* _Activity_:
The entries are to be given again in full. Every word must match.

Extracted information START

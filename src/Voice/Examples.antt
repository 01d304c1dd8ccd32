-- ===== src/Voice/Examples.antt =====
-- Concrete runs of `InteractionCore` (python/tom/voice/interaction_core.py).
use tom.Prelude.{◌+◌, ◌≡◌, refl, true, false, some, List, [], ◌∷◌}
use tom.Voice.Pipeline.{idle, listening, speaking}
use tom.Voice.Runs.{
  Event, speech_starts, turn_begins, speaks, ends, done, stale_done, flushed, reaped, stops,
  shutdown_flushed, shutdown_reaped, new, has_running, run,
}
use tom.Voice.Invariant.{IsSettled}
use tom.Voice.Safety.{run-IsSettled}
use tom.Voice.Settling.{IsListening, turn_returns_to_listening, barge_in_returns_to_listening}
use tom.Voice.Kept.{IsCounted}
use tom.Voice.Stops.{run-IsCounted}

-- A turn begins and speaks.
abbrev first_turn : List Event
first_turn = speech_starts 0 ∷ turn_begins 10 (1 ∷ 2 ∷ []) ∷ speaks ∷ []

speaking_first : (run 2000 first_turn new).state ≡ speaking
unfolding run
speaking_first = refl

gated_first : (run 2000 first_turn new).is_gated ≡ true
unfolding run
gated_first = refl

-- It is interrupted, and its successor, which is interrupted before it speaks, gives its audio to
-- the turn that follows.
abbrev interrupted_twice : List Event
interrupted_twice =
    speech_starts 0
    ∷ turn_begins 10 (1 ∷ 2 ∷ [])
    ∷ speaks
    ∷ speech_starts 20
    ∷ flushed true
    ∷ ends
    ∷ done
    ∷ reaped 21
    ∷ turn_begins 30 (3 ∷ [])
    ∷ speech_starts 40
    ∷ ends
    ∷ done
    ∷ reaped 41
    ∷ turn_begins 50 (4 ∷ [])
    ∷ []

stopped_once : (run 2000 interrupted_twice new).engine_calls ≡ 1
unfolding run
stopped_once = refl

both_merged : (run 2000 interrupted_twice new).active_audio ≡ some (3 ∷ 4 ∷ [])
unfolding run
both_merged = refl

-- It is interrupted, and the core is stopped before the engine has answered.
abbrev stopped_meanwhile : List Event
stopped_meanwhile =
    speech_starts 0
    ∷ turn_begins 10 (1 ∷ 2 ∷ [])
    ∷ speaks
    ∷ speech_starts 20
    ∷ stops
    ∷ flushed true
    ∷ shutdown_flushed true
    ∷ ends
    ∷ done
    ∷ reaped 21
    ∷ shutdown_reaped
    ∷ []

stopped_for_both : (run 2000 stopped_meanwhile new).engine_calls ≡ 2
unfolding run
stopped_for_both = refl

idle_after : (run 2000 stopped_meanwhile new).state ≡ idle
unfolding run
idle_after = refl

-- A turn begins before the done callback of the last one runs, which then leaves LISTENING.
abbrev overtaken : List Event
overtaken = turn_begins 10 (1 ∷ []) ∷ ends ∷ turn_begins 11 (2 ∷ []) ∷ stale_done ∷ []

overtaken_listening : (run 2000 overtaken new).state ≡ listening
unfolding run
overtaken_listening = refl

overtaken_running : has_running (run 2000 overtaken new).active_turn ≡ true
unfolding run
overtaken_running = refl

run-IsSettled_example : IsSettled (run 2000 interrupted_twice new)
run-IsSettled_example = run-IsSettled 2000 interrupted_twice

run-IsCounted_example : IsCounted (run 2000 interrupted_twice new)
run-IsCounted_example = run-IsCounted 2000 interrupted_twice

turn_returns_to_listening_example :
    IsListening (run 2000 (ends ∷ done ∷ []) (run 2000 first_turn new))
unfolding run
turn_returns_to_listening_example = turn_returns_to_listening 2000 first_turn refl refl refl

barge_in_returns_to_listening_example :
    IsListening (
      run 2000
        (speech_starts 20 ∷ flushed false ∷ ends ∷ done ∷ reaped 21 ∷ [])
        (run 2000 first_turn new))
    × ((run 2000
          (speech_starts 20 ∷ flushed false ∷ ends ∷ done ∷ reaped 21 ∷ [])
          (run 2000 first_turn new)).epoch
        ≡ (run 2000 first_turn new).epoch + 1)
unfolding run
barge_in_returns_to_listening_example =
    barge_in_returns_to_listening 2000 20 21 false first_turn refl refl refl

Extracted information END

* _Worked solution_:
filename src/Voice/Examples.antt
repository 01d304c1dd8ccd32
-- ===== src/Voice/Examples.antt =====
-- Concrete runs of `InteractionCore` (python/tom/voice/interaction_core.py).
use tom.Prelude.{◌+◌, ◌≡◌, refl, true, false, some, List, [], ◌∷◌}
use tom.Voice.Pipeline.{idle, listening, speaking}
use tom.Voice.Runs.{
  Event, speech_starts, turn_begins, speaks, ends, done, stale_done, flushed, reaped, stops,
  shutdown_flushed, shutdown_reaped, new, has_running, run,
}
use tom.Voice.Invariant.{IsSettled}
use tom.Voice.Safety.{run-IsSettled}
use tom.Voice.Settling.{IsListening, turn_returns_to_listening, barge_in_returns_to_listening}
use tom.Voice.Kept.{IsCounted}
use tom.Voice.Stops.{run-IsCounted}

-- A turn begins and speaks.
abbrev first_turn : List Event
first_turn = speech_starts 0 ∷ turn_begins 10 (1 ∷ 2 ∷ []) ∷ speaks ∷ []

speaking_first : (run 2000 first_turn new).state ≡ speaking
unfolding run
speaking_first = refl

gated_first : (run 2000 first_turn new).is_gated ≡ true
unfolding run
gated_first = refl

-- It is interrupted, and its successor, which is interrupted before it speaks, gives its audio to
-- the turn that follows.
abbrev interrupted_twice : List Event
interrupted_twice =
    speech_starts 0
    ∷ turn_begins 10 (1 ∷ 2 ∷ [])
    ∷ speaks
    ∷ speech_starts 20
    ∷ flushed true
    ∷ ends
    ∷ done
    ∷ reaped 21
    ∷ turn_begins 30 (3 ∷ [])
    ∷ speech_starts 40
    ∷ ends
    ∷ done
    ∷ reaped 41
    ∷ turn_begins 50 (4 ∷ [])
    ∷ []

stopped_once : (run 2000 interrupted_twice new).engine_calls ≡ 1
unfolding run
stopped_once = refl

both_merged : (run 2000 interrupted_twice new).active_audio ≡ some (3 ∷ 4 ∷ [])
unfolding run
both_merged = refl

-- It is interrupted, and the core is stopped before the engine has answered.
abbrev stopped_meanwhile : List Event
stopped_meanwhile =
    speech_starts 0
    ∷ turn_begins 10 (1 ∷ 2 ∷ [])
    ∷ speaks
    ∷ speech_starts 20
    ∷ stops
    ∷ flushed true
    ∷ shutdown_flushed true
    ∷ ends
    ∷ done
    ∷ reaped 21
    ∷ shutdown_reaped
    ∷ []

stopped_for_both : (run 2000 stopped_meanwhile new).engine_calls ≡ 2
unfolding run
stopped_for_both = refl

idle_after : (run 2000 stopped_meanwhile new).state ≡ idle
unfolding run
idle_after = refl

-- A turn begins before the done callback of the last one runs, which then leaves LISTENING.
abbrev overtaken : List Event
overtaken = turn_begins 10 (1 ∷ []) ∷ ends ∷ turn_begins 11 (2 ∷ []) ∷ stale_done ∷ []

overtaken_listening : (run 2000 overtaken new).state ≡ listening
unfolding run
overtaken_listening = refl

overtaken_running : has_running (run 2000 overtaken new).active_turn ≡ true
unfolding run
overtaken_running = refl

run-IsSettled_example : IsSettled (run 2000 interrupted_twice new)
run-IsSettled_example = run-IsSettled 2000 interrupted_twice

run-IsCounted_example : IsCounted (run 2000 interrupted_twice new)
run-IsCounted_example = run-IsCounted 2000 interrupted_twice

turn_returns_to_listening_example :
    IsListening (run 2000 (ends ∷ done ∷ []) (run 2000 first_turn new))
unfolding run
turn_returns_to_listening_example = turn_returns_to_listening 2000 first_turn refl refl refl

barge_in_returns_to_listening_example :
    IsListening (
      run 2000
        (speech_starts 20 ∷ flushed false ∷ ends ∷ done ∷ reaped 21 ∷ [])
        (run 2000 first_turn new))
    × ((run 2000
          (speech_starts 20 ∷ flushed false ∷ ends ∷ done ∷ reaped 21 ∷ [])
          (run 2000 first_turn new)).epoch
        ≡ (run 2000 first_turn new).epoch + 1)
unfolding run
barge_in_returns_to_listening_example =
    barge_in_returns_to_listening 2000 20 21 false first_turn refl refl refl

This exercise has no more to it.